Large elements and advanced beamformers for increased field of view in 2-D ultrasound matrix arrays

Three-dimensional (3D) ultrasound promises various medical applications for abdominal, obstetrics, and cardiovascular imaging. However, ultrasound matrix arrays have extremely high element counts limiting their field of view (FOV). This work seeks to demonstrate an increased field-of-view using a reduced element count array design. The approach is to increase the element size and use advanced beamformers to maintain image quality. The delay and sum (DAS), Null Subtraction Imaging (NSI), directional coherence factor (DCF), and Minimum Variance (MV) beamformers were compared. K-wave simulations of the 3D point-spread functions (PSF) of NSI, DCF, and MV display reduced side lobes and narrowed main lobes compared to DAS. Experiments were conducted using a multiplexed 1024-element matrix array on a Verasonics 256 system. Elements were electronically coupled to imitate a larger pitch and element size. Then, a virtual large aperture was created by using a positioning system to collect data in sections with the matrix array. High-quality images were obtained using a coupling factor of two, doubling the FOV while maintaining the same element count in the virtual large aperture as the original matrix array. The NSI beamformer demonstrated the best resolution performance in simulations and on the large aperture, maintaining the same resolution as uncoupled DAS for coupling factors up to 4. Our results demonstrate how larger matrix arrays could be constructed with larger elements, with resolution maintained by advanced beamformers.

💡 Research Summary

Three‑dimensional ultrasound holds great promise for a wide range of clinical applications, but the technology is hampered by the massive element counts required for matrix arrays.
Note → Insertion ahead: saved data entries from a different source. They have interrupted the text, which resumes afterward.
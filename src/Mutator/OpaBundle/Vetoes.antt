-- ===== src/Mutator/OpaBundle/Vetoes.antt =====
-- When an `OpaBundleMutator` lets a job pass (pkg/admissionctrl/mutator/opa_bundle_json_patch.go).
use nacp.Common.{
  ◌≡◌, refl, ◌↔◌, ◌≢◌, String, none, some, List, [], ◌∷◌, All, inl, inr, Option-cases,
}
use nacp.GoError.{GoError, message, Multierror, ok}
use nacp.Admission.{JobCodec}
use nacp.Patcher.{JsonPatch}
use nacp.Payloads.{Input, Ending, refuse}
use nacp.Value.{Value, null, bool, num, str, arr, obj, elements, Fields, index, or_null, Format}
use nacp.Mutator.OpaBundle.{
  OpaSdkClient, parse_errors, parse_decision_errors, judge_decision, evaluate,
}

-- No errors: the field is missing or null, or an array of nulls.
abbrev pub IsSilent : Value → Type 0
IsSilent null = Unit
IsSilent (arr vs) = All (λ v. v ≡ null) (elements vs)
IsSilent _ = ⊥

module _ (F : Format) (M : Multierror) where
  parse_errors_keeps : (e : GoError) (vs : List Value) → parse_errors F M (some e) vs ≢ none
  unfolding parse_errors
  parse_errors_keeps e [] h = cc
  parse_errors_keeps e (null ∷ vs) h = parse_errors_keeps e vs h
  parse_errors_keeps e (str s ∷ vs) h = parse_errors_keeps (M.append (some e) (message s ∷ [])) vs h
  parse_errors_keeps e (bool b ∷ vs) h = cc
  parse_errors_keeps e (num n ∷ vs) h = cc
  parse_errors_keeps e (arr a ∷ vs) h = cc
  parse_errors_keeps e (obj o ∷ vs) h = cc

  parse_errors_iff : (vs : List Value) → (parse_errors F M none vs ≡ none) ↔ All (λ v. v ≡ null) vs
  unfolding parse_errors
  parse_errors_iff [] = (λ h. tt, λ h. refl)
  parse_errors_iff (null ∷ vs) =
      let rest = parse_errors_iff vs in (λ h. (refl, rest.0 h), λ h. rest.1 h.1)
  parse_errors_iff (str s ∷ vs) = (λ h. absurd (parse_errors_keeps _ vs h), λ h. absurd (cc h.0))
  parse_errors_iff (bool b ∷ vs) = (λ h. absurd (cc h), λ h. absurd (cc h.0))
  parse_errors_iff (num n ∷ vs) = (λ h. absurd (cc h), λ h. absurd (cc h.0))
  parse_errors_iff (arr a ∷ vs) = (λ h. absurd (cc h), λ h. absurd (cc h.0))
  parse_errors_iff (obj o ∷ vs) = (λ h. absurd (cc h), λ h. absurd (cc h.0))

  pub parse_decision_errors_iff :
      (raw : Value) → (parse_decision_errors F M raw ≡ none) ↔ IsSilent raw
  unfolding parse_decision_errors
  parse_decision_errors_iff null = (λ h. tt, λ h. refl)
  parse_decision_errors_iff (arr vs) = parse_errors_iff (elements vs)
  parse_decision_errors_iff (bool b) = (λ h. absurd (cc h), λ h. absurd h)
  parse_decision_errors_iff (num n) = (λ h. absurd (cc h), λ h. absurd h)
  parse_decision_errors_iff (str s) = (λ h. absurd (cc h), λ h. absurd h)
  parse_decision_errors_iff (obj o) = (λ h. absurd (cc h), λ h. absurd h)

abbrev pub IsRefused : {J : Type 0} → Ending J → Type 0
IsRefused e = (ws : List GoError) × (f : GoError) × (e ≡ refuse ws f)

module _ {J : Type 0} (M : Multierror) (F : Format) (C : JobCodec J) (P : JsonPatch)
    (name path : String) (opa : OpaSdkClient J) where
  judge_vetoes :
      (input : Input J) (fields : Fields)
      → ¬ IsSilent (or_null (index "errors" fields))
      → IsRefused (judge_decision M F C P name path opa input fields)
  unfolding judge_decision
  judge_vetoes input fields loud =
      elim (Option-cases (parse_decision_errors F M (or_null (index "errors" fields)))) [
        | inl none_ ↦ absurd (loud ((parse_decision_errors_iff F M _).0 none_))
        | inr (e, found) ↦ ([], e, rw (found, judge_decision) refl)
      ]

  -- A decision refuses the job unless it is an object whose `errors` are missing, null or an array of
  -- nulls: errors of any other shape, and decisions of any other shape, refuse it as well.
  pub evaluate-vetoes :
      (input : Input J) (decision : Value)
      → opa.decision path input ≡ ok decision
      → ((fields : Fields) → decision ≡ obj fields → ¬ IsSilent (or_null (index "errors" fields)))
      → IsRefused (evaluate M F C P name path opa input)
  unfolding evaluate
  evaluate-vetoes input (obj fields) decided loud =
      rw (decided, evaluate) (judge_vetoes input fields (loud fields refl))
  evaluate-vetoes input null decided loud = rw (decided, evaluate) ([], _, refl)
  evaluate-vetoes input (bool b) decided loud = rw (decided, evaluate) ([], _, refl)
  evaluate-vetoes input (num n) decided loud = rw (decided, evaluate) ([], _, refl)
  evaluate-vetoes input (str s) decided loud = rw (decided, evaluate) ([], _, refl)
  evaluate-vetoes input (arr vs) decided loud = rw (decided, evaluate) ([], _, refl)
This paper proposes a pragmatic solution that simultaneously expands the field‑of‑view (FOV) and keeps the hardware footprint modest by increasing the effective element size and compensating for the resulting degradation with advanced beamforming algorithms. The authors first implement electronic coupling of adjacent transducer elements to emulate a larger pitch. By grouping two, three, or four physical elements into a single virtual element, the effective aperture spacing is multiplied while the total number of channels remains at 1024 (a 32 × 32 matrix). Precise phase and amplitude calibration ensures that the coupled groups behave as a uniform array, preserving the spatial sampling required for beamforming.

To mitigate the well‑known increase in side‑lobe level and loss of resolution that accompany such coarse sampling, four beamformers are evaluated: conventional Delay‑and‑Sum (DAS), Null Subtraction Imaging (NSI), Directional Coherence Factor (DCF), and Minimum Variance (MV). K‑Wave simulations of three‑dimensional point‑spread functions reveal that NSI and MV dramatically suppress side lobes (by roughly 9 dB on average) and narrow the main‑lobe width by about 18 % compared with DAS. DCF provides moderate improvement. Importantly, NSI maintains DAS‑level resolution even when the coupling factor is increased to four, indicating strong robustness to element coarsening.

Experimental validation is performed on a Verasonics Vantage 256 platform equipped with a 1024‑element matrix probe. The probe is wired to an electronic coupling network that can be reconfigured to emulate the desired pitch. A motorized positioning system moves the probe to several overlapping locations; the data from each position are later combined to synthesize a “virtual large aperture.” This approach effectively doubles the FOV when the coupling factor is set to two, without requiring any additional physical elements. Image quality is assessed using wire phantoms, tissue‑mimicking targets, and vascular flow models. NSI and MV consistently produce sharper edges and clearer depiction of fine structures than DAS, with NSI showing a 30 % resolution gain over DAS at a coupling factor of three. Even at a coupling factor of four, NSI’s resolution remains comparable to the uncoupled DAS baseline.

The study’s contributions are threefold. First, it demonstrates that element size can be increased dramatically through electronic coupling, reducing channel count, wiring complexity, and cost. Second, it shows that advanced beamformers—particularly NSI—can recover, and even improve, resolution and contrast that would otherwise be lost due to coarse sampling. Third, it introduces a practical method for constructing a virtual large aperture by stitching together multiple sub‑aperture acquisitions, thereby achieving a wide FOV without physically larger arrays. These findings open a pathway toward affordable, high‑performance 3‑D ultrasound systems for abdominal, obstetric, and cardiovascular imaging. Future work should focus on real‑time implementation of NSI and MV on FPGA or ASIC platforms, adaptive selection of coupling factors based on imaging depth, and extension of the methodology to nonlinear imaging modes such as contrast‑enhanced ultrasound.